PARA CHAMAR SUA ATENÇÃO

 

Caminho para completar o segundo ano como professor universitário.  Antes dessa experiência, só havia pisado em uma sala de aula como estudante ou palestrante esporádico.  Como estudante, desde pequenos sabemos como é estar numa classe.  Como palestrante, bem... nunca foi muito difícil prender a atenção da plateia com histórias sobre coberturas de guerras, viagens e jornalismo.  Mas, como diz meu pai, a admiração dura três dias.  Entre em uma sala de aula no quarto, quinto, 20º dia e veja se você consegue manter a atenção dos alunos por mais de 10 minutos...

Passei a admirar ainda mais meus mestres e a respeitar todo homem e toda mulher que dedicam sua vida, como sacerdócio, a educar os demais.  Não basta conteúdo interessante ministrado de forma instigante.  No meu tempo de guri, desviávamos nossa atenção imaginando o recreio, o lanche, nos perdíamos com o papo no fundão, com um decote mais ousado ou no olhar daquela menina.  Tão imensos eram nossos pequenos grandes problemas da infância e adolescência...

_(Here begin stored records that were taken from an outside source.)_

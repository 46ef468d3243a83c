-- ===== src/Gateway/Transfers.antt =====
-- The operations on the bus in src/gpibsrv/gpibsrv.c, through the client library. Log lines are left
-- out.
use jornada_gpib.Prelude.{
  ℕ, zero, suc, ◌%◌, bit_or, Bool, true, false, not, ◌&&◌, ◌||◌, ◌==◌, leb, if◌then◌else◌, has,
  List, [], ◌∷◌, ◌++◌, length, take, Option, none, some, ℤ, pos, negsuc, is_neg,
}
use jornada_gpib.Runtime.Memory.{Memory}
use jornada_gpib.Api.Codes
use jornada_gpib.Api.Codes.{ib_err, ib_end, ib_reos, ib_bin, ib_t10us, ib_t1000s}
use jornada_gpib.Api.State.{Os, Api}
use jornada_gpib.Api.Calls.{ibdev, is_zero}
use jornada_gpib.Api.Transfers.{ibtmo_ms, ibeos, ibrd, ibwrt, ibonl}
use jornada_gpib.Gateway.State.{
  line_max, read_max, Net, G, ◌>>=◌, ◌>>◌, give, waits, gateway, library, status, done,
}
use jornada_gpib.Gateway.Sockets.{bytes_of, send_all}

-- The loop from `code` on, which ends at IB_T1000s; `left` is how far that is.
abbrev pub code_from : (left : ℕ) (code ms : ℕ) → ℕ
code_from zero code ms = code
code_from (suc left) code ms =
    let next = code_from left (suc code) ms in
    if leb ms (Codes.timeout_ms (pos code)) then code else next

unfoldable pub timeout_code : ℕ → ℕ
timeout_code ms = code_from 16 ib_t10us ms

-- buf[i] = bytes[i]
abbrev pub fill : List ℕ → Memory → Memory
fill [] m i = m i
fill (b ∷ bs) m zero = b
fill (b ∷ bs) m (suc i) = fill bs (λ j. m (suc j)) i

unfoldable pub store_read : List ℕ → G (Unit {0})
store_read bytes s = done tt (record s { read_buf = fill bytes s.read_buf })

-- `n` bytes of the static buffer, or none where `n` is not positive.
unfoldable pub buffered : ℤ → G (List ℕ)
buffered (pos n) s = done (bytes_of n s.read_buf) s
buffered (negsuc n) s = done [] s

-- The `switch`.
abbrev pub terminator : ℤ → List ℕ
terminator (negsuc n) = []
terminator (pos n) =
    if n == 0
    then 0x0d ∷ 0x0a ∷ []
    else if n == 1
    then 0x0d ∷ []
    else if n == 2
    then 0x0a ∷ []
    else []

-- len > 0 && data[len - 1] == '?'
abbrev pub is_query : List ℕ → Bool
is_query [] = false
is_query (c ∷ []) = c == 0x3f
is_query (c ∷ d ∷ ds) = is_query (d ∷ ds)

-- (ibsta & IB_ERR) || (ibsta & IB_END) || ibcnt == 0
abbrev pub read_ends : ℕ → ℤ → Bool
read_ends sta count = has sta ib_err || has sta ib_end || is_zero count

module _ ⦃os : Os⦄ where
  unfoldable pub open_at : (pad sad : ℤ) (eoi : Bool) → G ℤ
  unfolding gateway give library timeout_code ibdev ibtmo_ms
  open_at pad sad eoi = do
    gw ← gateway
    ud ← library (ibdev (pos 0) pad sad (pos (timeout_code gw.read_tmo_ms)) eoi 0)
    if is_neg ud then give ud else (do library (ibtmo_ms ud gw.read_tmo_ms); give ud)

  unfoldable pub open_target : G ℤ
  unfolding open_at gateway
  open_target = do gw ← gateway; open_at gw.pad gw.sad gw.eoi

module _ ⦃os : Os⦄ ⦃net : Net⦄ where
  -- ibrd(ud, buf, READ_MAX), and the status after it
  unfoldable pub read_once : ℤ → G Api
  unfolding library status store_read ibrd
  read_once ud = do r ← library (ibrd ud true (pos read_max)); store_read r.1; status

  -- The loop, for so many calls of `ibrd`; a talker that never ends its message takes more.
  unfoldable pub read_loop : (rounds : ℕ) → (ud : ℤ) → G (Unit {0})
  unfolding give read_once buffered waits send_all
  read_loop zero ud = waits
  read_loop (suc left) ud = do
    after ← read_once ud
    part ← buffered after.ibcnt
    send_all part
    let rest : G (Unit {0}) = read_loop left ud
    if read_ends after.ibsta after.ibcnt then give tt else rest

module _ (rounds : ℕ) ⦃os : Os⦄ ⦃net : Net⦄ where
  -- `eos_byte` is none for a negative one.
  unfoldable pub do_read : Option ℕ → G (Unit {0})
  unfolding open_target give library read_loop ibeos ibonl
  do_read eos_byte = do
    ud ← open_target
    if is_neg ud then give tt else do
      elim eos_byte [
        | none ↦ give tt
        | some b ↦ do library (ibeos ud (bit_or (bit_or ib_reos ib_bin) (b % 256))); give tt
      ]
      read_loop rounds ud
      library (ibonl ud false)
      give tt

  unfoldable pub do_write : List ℕ → G (Unit {0})
  unfolding open_target give gateway library status do_read ibwrt ibonl
  do_write line = do
    let bytes : List ℕ = take line_max line
    gw ← gateway
    let out : List ℕ = bytes ++ terminator gw.eos
    ud ← open_target
    if is_neg ud then give tt else do
      library (ibwrt ud (some out) (pos (length out)))
      after ← status
      library (ibonl ud false)
      if not (has after.ibsta ib_err) && gw.auto_read && is_query bytes
          then do_read none
          else give tt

Hoje, no lugar de professor, disputamos a atenção do aluno com o WhatsApp, Facebook, Instagram, Twitter, e-mail.  Tudo isso dentro de uma caixinha de metal chamada smartphone.  Em uma, cada vez mais, cruel batalha pela atenção, me acostumei a usar todos os recursos “multimídia” disponíveis em aula: vídeos, gráficos, jogos, filmes, clipes, cliques, debates, piadas, músicas.  Só falta, como diria minha avó, pendurar uma melancia no pescoço para chamar atenção.  São descargas consecutivas de adrenalina.  Nesse sentido, dar aula não é muito diferente de fazer jornalismo.  Vivemos, na comunicação, uma busca eterna pela sua atenção, amigo leitor.  Até pouco tempo atrás, para fisga-lo, precisávamos apenas de um lide criativo.  Lide é como os jornalistas chamam os primeiros parágrafos de uma notícia, onde, em tese, devem estar as respostas para perguntas básicas como o que aconteceu, com quem, onde, como, quando e por quê.  Não é mais suficiente apenas um bom lide.  Pelo simples fato de que, enquanto você lê este texto (e obrigado por ter chegado até aqui), sua atenção pode ter sido seduzida pela foto que chegou ao grupo de amigos do Whats, por uma imagem na TV, pela música do game do tablete do seu filho ao seu lado, pela tentação de abrir o Facebook e ver o vídeo do gatinho fofo do último minuto.

Na verdade, na sala de aula, no jornalismo, no almoço de domingo em família, no jantar romântico com a namorada, na reunião de trabalho, no bar com os amigos.  Está difícil conquistar a atenção das pessoas por mais do que um minuto.  O jeito é ter bom humor:  à mesa de bar, sempre que dois ou mais amigos pegam o smartphone para checar as mensagens, meu colega jornalista Marcelo Monteiro dispara: “Vocês estão conversando entre si pelo Whats?”.  Constrangimento!  Largamos o celular.  Funciona.

Você deve ter levado uns 40 segundos para ler este texto.  Se chegou até aqui, obrigado pela sua atenção.  Este é um bem cada vez mais raro – e, como se vê, disputado.